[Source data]
━━━━━━
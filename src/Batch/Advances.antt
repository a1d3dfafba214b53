-- ===== src/Batch/Advances.antt =====
-- A run, review by review.
use dost_review_api.Prelude.{
  ◌==◌, eq_iff, ◌≡◌, refl, ap, ◌∙◌, Bool, true, false, not, ◌||◌, some, List, [], ◌∷◌, arith, keep,
  All, All-append, if◌then◌else◌, Bool-cases, inl, inr,
}
use dost_review_api.Models.{Uuid}
use dost_review_api.Review.{Row, find}
use dost_review_api.Review.Laws.{HasUniqueIds, id-find}
use dost_review_api.Batch.Database.{Db, elem}
use dost_review_api.Batch.Claim.{
  Group, claim, claimed, claimed_ids, mark_processing, add_to_group, group_onto, group_by_profile,
}
use dost_review_api.Batch.Engine.{
  Settings, Env, Attempt, finished, ids_of, run_profiles, claimed_work, run_batch,
}
use dost_review_api.Batch.Chosen.{find-update}
use dost_review_api.Batch.Held.{group_ids}
use dost_review_api.Batch.Taken.{elem-group_onto, elem-keep}
use dost_review_api.Batch.Updates.{All-update, All-found}
use dost_review_api.Batch.Others.{run_profiles-Same}
use dost_review_api.Batch.Progress.{Advanced, IsCounted, AllGroups, run_profiles-Advanced}

add-AllGroups :
    (Q : Row → Type 0) (r : Row) (groups : List Group)
    → Q r
    → AllGroups (All Q) groups
    → AllGroups (All Q) (add_to_group r groups)
unfolding add_to_group
add-AllGroups Q r [] h a = ((h, tt), tt)
add-AllGroups Q r ((k, rows) ∷ groups) h a = elim (Bool-cases (k == r.target_profile_id)) [
  | inl e ↦ rw e (All-append Q rows (r ∷ []) a.0 (h, tt), a.1)
  | inr e ↦ rw e (a.0, add-AllGroups Q r groups h a.1)
]

onto-AllGroups :
    (Q : Row → Type 0) (rows : List Row) (groups : List Group)
    → All Q rows
    → AllGroups (All Q) groups
    → AllGroups (All Q) (group_onto groups rows)
unfolding group_onto
onto-AllGroups Q [] groups h a = a
onto-AllGroups Q (r ∷ rows) groups h a =
    onto-AllGroups Q rows (add_to_group r groups) h.1 (add-AllGroups Q r groups h.0 a)

All-keep : (Q : Row → Type 0) (p : Row → Bool) (rows : List Row) → All Q rows → All Q (keep p rows)
All-keep Q p [] h = tt
All-keep Q p (r ∷ rows) h = elim (Bool-cases (p r)) [
  | inl e ↦ rw e (h.0, All-keep Q p rows h.1)
  | inr e ↦ rw e (All-keep Q p rows h.1)
]

not-elem-keep :
    (k : Uuid) (ids : List Uuid) (rows : List Row)
    → elem k ids ≡ false
    → elem k (ids_of (keep (λ r. elem r.id ids) rows)) ≡ false
unfolding elem
not-elem-keep k ids [] h = refl
not-elem-keep k ids (r ∷ rows) h = elim (Bool-cases (elem r.id ids)) [
  | inl e ↦
      let other : (r.id == k) ≡ false = ground (arith, h, e, eq_iff r.id k) in
      rw (e, other) (not-elem-keep k ids rows h)
  | inr e ↦ rw e (not-elem-keep k ids rows h)
]

pub elem-find :
    (k : Uuid) (rows : List Row) (r : Row) → find k rows ≡ some r → elem k (ids_of rows) ≡ true
unfolding elem find
elem-find k [] r e = cc
elem-find k (s ∷ rows) r e = ground (arith, elem-find k rows r)

-- What becomes of a review: whether the run has claimed it decides.
abbrev pub Fate : Settings → Uuid → Row → Bool → List Row → Type 0
Fate settings k r true after =
    (s : Row) × (find k after ≡ some s) × Advanced settings r.retry_count s
Fate settings k r false after = find k after ≡ some r

module _ (settings : Settings) (env : Env) (batch_id : Uuid) (db : Db) (k : Uuid) (r : Row)
    (unique : HasUniqueIds db.reviews) (stored : find k db.reviews ≡ some r) where
  abbrev taken : List Uuid
  taken = claimed_ids env.locked settings.max_reviews_per_batch db.reviews

  abbrev groups : List Group
  groups = group_by_profile (claimed env.locked settings.max_reviews_per_batch batch_id db.reviews)

  -- Every row of the id in the table has the count of the stored one, before the claim and after it.
  rows-IsCounted :
      IsCounted settings env k r.retry_count
        (claim env.locked settings.max_reviews_per_batch batch_id db.reviews)
  unfolding claim mark_processing
  rows-IsCounted =
      All-update (λ s. find s.id db.reviews ≡ some s)
        (λ s. (s.id == k) ≡ true → s.retry_count ≡ r.retry_count) (λ s. elem s.id taken)
        (mark_processing batch_id) db.reviews
        (λ s found. elim (Bool-cases (elem s.id taken)) [
          | inl e ↦ rw e (λ same. same_count s found same)
          | inr e ↦ rw e (λ same. same_count s found same)
        ])
        (All-found db.reviews unique)
    where
      same_count :
          (s : Row)
          → find s.id db.reviews ≡ some s
          → (s.id == k) ≡ true
          → s.retry_count ≡ r.retry_count
      same_count s found same =
          let key : s.id ≡ k = (eq_iff s.id k).0 same in
          cc (found, stored, ap (λ (j : Uuid). find j db.reviews) key)

  groups-IsCounted : AllGroups (IsCounted settings env k r.retry_count) groups
  unfolding group_by_profile claimed
  groups-IsCounted =
      onto-AllGroups (λ s. (s.id == k) ≡ true → s.retry_count ≡ r.retry_count) _ []
        (All-keep (λ s. (s.id == k) ≡ true → s.retry_count ≡ r.retry_count) (λ s. elem s.id taken) _
          rows-IsCounted)
        tt

  pub stored_claim :
      find k (claim env.locked settings.max_reviews_per_batch batch_id db.reviews)
      ≡ some (if elem k taken then mark_processing batch_id r else r)
  unfolding claim mark_processing
  stored_claim =
      rw
        (
          find-update (λ s. elem s.id taken) (mark_processing batch_id) (λ s. refl) k db.reviews,
          stored,
        )
        (ground (arith, id-find k db.reviews r stored))

  pub in_groups : elem k (group_ids groups) ≡ elem k taken
  unfolding group_by_profile claimed
  in_groups = elim (Bool-cases (elem k taken)) [
    | inl e ↦
        rw
          (
            elem-group_onto,
            e,
            elem-keep k taken (claim env.locked settings.max_reviews_per_batch batch_id db.reviews)
                e
                (elem-find k (claim env.locked settings.max_reviews_per_batch batch_id db.reviews) _
                  stored_claim),
          )
          refl
    | inr e ↦
        rw
          (
            elem-group_onto,
            e,
            not-elem-keep k taken
                (claim env.locked settings.max_reviews_per_batch batch_id db.reviews) e,
          )
          (unfold elem in refl)
  ]

  loop-Fate :
      (e : Bool)
      → elem k taken ≡ e
      → ((attempt : Attempt) (j : Uuid) → env.update_fails attempt j ≡ false)
      → (run_profiles settings env groups (claimed_work settings env batch_id db)).0 ≡ finished
      → Fate settings k r e
          (run_profiles settings env groups (claimed_work settings env batch_id db)).1.db.reviews
  unfolding claimed_work
  loop-Fate true is steady ends =
      run_profiles-Advanced settings env k r.retry_count groups
        (claimed_work settings env batch_id db) steady groups-IsCounted
        (inr (in_groups ∙ is, (_, stored_claim))) ends
  loop-Fate false is steady ends =
      run_profiles-Same settings env k groups (claimed_work settings env batch_id db)
        (in_groups ∙ is)
      ∙ rw is at stored_claim

  run-Fate :
      (e : Bool)
      → elem k taken ≡ e
      → ((attempt : Attempt) (j : Uuid) → env.update_fails attempt j ≡ false)
      → (run_batch settings env batch_id db).0 ≡ finished
      → Fate settings k r e (run_batch settings env batch_id db).1.db.reviews
  unfolding run_batch
  run-Fate e is steady ends = elim (Bool-cases (not env.engine_loads || env.claim_fails)) [
    | inl stops ↦ absurd (ground arith)
    | inr goes_on ↦ rw goes_on (loop-Fate e is steady (rw goes_on at ends))
  ]

-- A run that returns, if no update of failed rows raises, brings every review that it has claimed a step
-- further: it is COMMITTED, or FAILED, or GATED again with one failure more and still below the limit. It
-- leaves every other review of the table as it was. Ids are unique, as the primary key has it.
pub run_batch-Fate :
    (settings : Settings) (env : Env) (batch_id : Uuid) (db : Db) (k : Uuid) (r : Row)
    → HasUniqueIds db.reviews
    → find k db.reviews ≡ some r
    → ((attempt : Attempt) (j : Uuid) → env.update_fails attempt j ≡ false)
    → (run_batch settings env batch_id db).0 ≡ finished
    → Fate settings k r
        (elem k (claimed_ids env.locked settings.max_reviews_per_batch db.reviews))
        (run_batch settings env batch_id db).1.db.reviews
run_batch-Fate settings env batch_id db k r unique stored =
    run-Fate settings env batch_id db k r unique stored
      (elem k (claimed_ids env.locked settings.max_reviews_per_batch db.reviews)) refl
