-- ===== src/Batch/Counts.antt =====
-- The statistics of a run account for every review that it claimed.
use dost_review_api.Prelude.{
  ℕ, suc, ◌+◌, ◌≡◌, refl, Bool, true, false, not, ◌||◌, List, [], ◌∷◌, arith, length, length-append,
  Bool-cases, inl, inr,
}
use dost_review_api.Models.{Uuid}
use dost_review_api.Review.{Row}
use dost_review_api.Batch.Database.{Stats, Db, Reply, raises, engine_error, output}
use dost_review_api.Batch.Claim.{Group, add_to_group, group_onto, group_by_profile, claimed}
use dost_review_api.Batch.Engine.{
  Settings, Env, Attempt, in_try, in_except, Work, Ended, finished, raised, fail_row, handle_failed,
  commit_profile, will_retry_of, after_reply, engine_input, try_profile, recover, process_profile,
  and_then, run_profiles, claimed_work, run_batch,
}

-- The reviews that the statistics have placed so far.
abbrev pub placed : Stats → ℕ
placed s = s.committed + s.failed + s.dead_lettered

-- A piece of work that ends has placed `n` more reviews, and one that raises has placed none.
abbrev Places : ℕ → Work → Ended × Work → Type 0
Places n w (finished, w') =
    (placed w'.stats ≡ placed w.stats + n) × (w'.stats.total_reviews ≡ w.stats.total_reviews)
Places n w (raised, w') = w' ≡ w

abbrev group_size : List Group → ℕ
group_size [] = 0
group_size (g ∷ groups) = length g.1 + group_size groups

module _ (settings : Settings) (env : Env) where
  fail_row-Places :
      (will_retry : Bool) (row : Row) (w : Work)
      → Places 1 w (finished, fail_row settings env.now will_retry row w)
  unfolding fail_row
  fail_row-Places will_retry row w = ground arith

  handle_failed-Places :
      (attempt : Attempt) (will_retry : Bool) (rows : List Row) (w : Work)
      → (handle_failed settings env attempt will_retry rows w).0 ≡ finished
      → Places (length rows) w (finished, (handle_failed settings env attempt will_retry rows w).1)
  unfolding handle_failed
  handle_failed-Places attempt will_retry [] w e = omega arith
  handle_failed-Places attempt will_retry (row ∷ rows) w e = ground (
    arith,
    fail_row-Places will_retry row w,
    handle_failed-Places attempt will_retry rows (fail_row settings env.now will_retry row w),
  )

  handle_failed-ends :
      (attempt : Attempt) (will_retry : Bool) (rows : List Row) (w : Work)
      → ((k : Uuid) → env.update_fails attempt k ≡ false)
      → (handle_failed settings env attempt will_retry rows w).0 ≡ finished
  unfolding handle_failed
  handle_failed-ends attempt will_retry [] w steady = refl
  handle_failed-ends attempt will_retry (row ∷ rows) w steady = rw (steady row.id) (
      handle_failed-ends attempt will_retry rows (fail_row settings env.now will_retry row w)
        steady)

  module _ (steady : (k : Uuid) → env.update_fails in_try k ≡ false) where
    handle-Places :
        (will_retry : Bool) (rows : List Row) (w : Work) (r : Ended × Work)
        → handle_failed settings env in_try will_retry rows w ≡ r
        → Places (length rows) w r
    handle-Places will_retry rows w (finished, w') e =
        rw e at (handle_failed-Places in_try will_retry rows w (rw e))
    handle-Places will_retry rows w (raised, w') e =
        absurd (ground (arith, handle_failed-ends in_try will_retry rows w steady))

    after_reply-Places :
        (group : Group) (reply : Reply) (w : Work)
        → Places (length group.1) w (after_reply settings env group reply w)
    unfolding after_reply commit_profile
    after_reply-Places group raises w = refl
    after_reply-Places group (engine_error wr) w =
        handle-Places (will_retry_of wr) group.1 w
          (handle_failed settings env in_try (will_retry_of wr) group.1 w) refl
    after_reply-Places group (output o) w = ground arith

    recover-Places :
        (group : Group) (w : Work) (r : Ended × Work)
        → Places (length group.1) w r
        → (recover settings env group r).0 ≡ finished
        → Places (length group.1) w (finished, (recover settings env group r).1)
    unfolding recover
    recover-Places group w (finished, w') h e = h
    recover-Places group w (raised, w') h e =
        ground (arith, handle_failed-Places in_except true group.1 w')

    process_profile-Places :
        (group : Group) (w : Work)
        → (process_profile settings env group w).0 ≡ finished
        → Places (length group.1) w (finished, (process_profile settings env group w).1)
    unfolding process_profile try_profile
    process_profile-Places group w e = elim (Bool-cases (env.load_fails group.0)) [
      | inl stops ↦ rw stops (recover-Places group w (raised, w) refl (rw stops at e))
      | inr goes_on ↦
          let reply : Reply =
            env.process_reputation (engine_input group.0 group.1 w.db.reputations) in
          rw goes_on (
            recover-Places group w (after_reply settings env group reply w)
              (after_reply-Places group reply w) (rw goes_on at e))
    ]

    and_then-Places :
        (n m : ℕ) (w : Work) (next : Work → Ended × Work)
        → ((w' : Work) → (next w').0 ≡ finished → Places m w' (finished, (next w').1))
        → (r : Ended × Work) → (r.0 ≡ finished → Places n w (finished, r.1))
        → (and_then next r).0 ≡ finished
        → Places (n + m) w (finished, (and_then next r).1)
    unfolding and_then
    and_then-Places n m w next step (finished, w') h e = omega (arith, step w' e, h refl)
    and_then-Places n m w next step (raised, w') h e = absurd (ground arith)

    run_profiles-Places :
        (groups : List Group) (w : Work)
        → (run_profiles settings env groups w).0 ≡ finished
        → Places (group_size groups) w (finished, (run_profiles settings env groups w).1)
    unfolding run_profiles
    run_profiles-Places [] w e = omega arith
    run_profiles-Places (g ∷ groups) w e =
        and_then-Places (length g.1) (group_size groups) w (run_profiles settings env groups)
          (run_profiles-Places groups) (process_profile settings env g w)
          (process_profile-Places g w) e

size-add_to_group :
    (r : Row) (groups : List Group) → group_size (add_to_group r groups) ≡ suc (group_size groups)
unfolding add_to_group
size-add_to_group r [] = refl
size-add_to_group r ((t, rows) ∷ groups) =
    ground (arith, size-add_to_group r groups, length-append rows (r ∷ []))

size-group_onto :
    (rows : List Row) (groups : List Group)
    → group_size (group_onto groups rows) ≡ group_size groups + length rows
unfolding group_onto
size-group_onto [] groups = omega arith
size-group_onto (r ∷ rows) groups =
    omega (arith, size-group_onto rows (add_to_group r groups), size-add_to_group r groups)

module _ (settings : Settings) (env : Env)
    (steady : (k : Uuid) → env.update_fails in_except k ≡ false) where
  recover-ends : (group : Group) (r : Ended × Work) → (recover settings env group r).0 ≡ finished
  unfolding recover
  recover-ends group (finished, w) = refl
  recover-ends group (raised, w) = handle_failed-ends settings env in_except true group.1 w steady

  and_then-ends :
      (next : Work → Ended × Work)
      → ((w : Work) → (next w).0 ≡ finished)
      → (r : Ended × Work) → r.0 ≡ finished
      → (and_then next r).0 ≡ finished
  unfolding and_then
  and_then-ends next step (finished, w) e = step w
  and_then-ends next step (raised, w) e = absurd (ground arith)

  run_profiles-ends :
      (groups : List Group) (w : Work) → (run_profiles settings env groups w).0 ≡ finished
  unfolding run_profiles process_profile
  run_profiles-ends [] w = refl
  run_profiles-ends (g ∷ groups) w =
      and_then-ends (run_profiles settings env groups) (run_profiles-ends groups)
        (recover settings env g (try_profile settings env g w))
        (recover-ends g (try_profile settings env g w))

-- A run whose engine loads and whose claim succeeds comes to its end: an exception of the engine, of a
-- load, of a commit or of a first update is caught, as long as the updates of the `except` go through.
pub run_batch-ends :
    (settings : Settings) (env : Env) (batch_id : Uuid) (db : Db)
    → env.engine_loads ≡ true
    → env.claim_fails ≡ false
    → ((k : Uuid) → env.update_fails in_except k ≡ false)
    → (run_batch settings env batch_id db).0 ≡ finished
unfolding run_batch
run_batch-ends settings env batch_id db loads claims steady = ground (
  arith,
  run_profiles-ends settings env steady
      (group_by_profile (claimed env.locked settings.max_reviews_per_batch batch_id db.reviews))
      (claimed_work settings env batch_id db),
)

-- If no update of the first handling of failed rows raises, a run that returns has counted every claimed
-- review exactly once, as committed, returned for a retry, or dead-lettered.
pub run_batch-counts :
    (settings : Settings) (env : Env) (batch_id : Uuid) (db : Db)
    → ((k : Uuid) → env.update_fails in_try k ≡ false)
    → (run_batch settings env batch_id db).0 ≡ finished
    → let stats = (run_batch settings env batch_id db).1.stats in
      (placed stats ≡ stats.total_reviews)
      × (stats.total_reviews
          ≡ length (claimed env.locked settings.max_reviews_per_batch batch_id db.reviews))
unfolding run_batch
run_batch-counts settings env batch_id db steady e =
    elim (Bool-cases (not env.engine_loads || env.claim_fails)) [
      | inl stops ↦ absurd (ground arith)
      | inr goes_on ↦
          let rows = claimed env.locked settings.max_reviews_per_batch batch_id db.reviews in
          let w = claimed_work settings env batch_id db in
          rw goes_on (
            unfold group_by_profile claimed_work in
            omega (
              arith,
              run_profiles-Places settings env steady (group_by_profile rows) w (rw goes_on at e),
              size-group_onto rows [],
            ))
    ]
━━━━━━
→ **Exercise**: From the records above, count the lines in which the string "output" is found, and answer with the number alone.

→ **Result of this exercise**: 2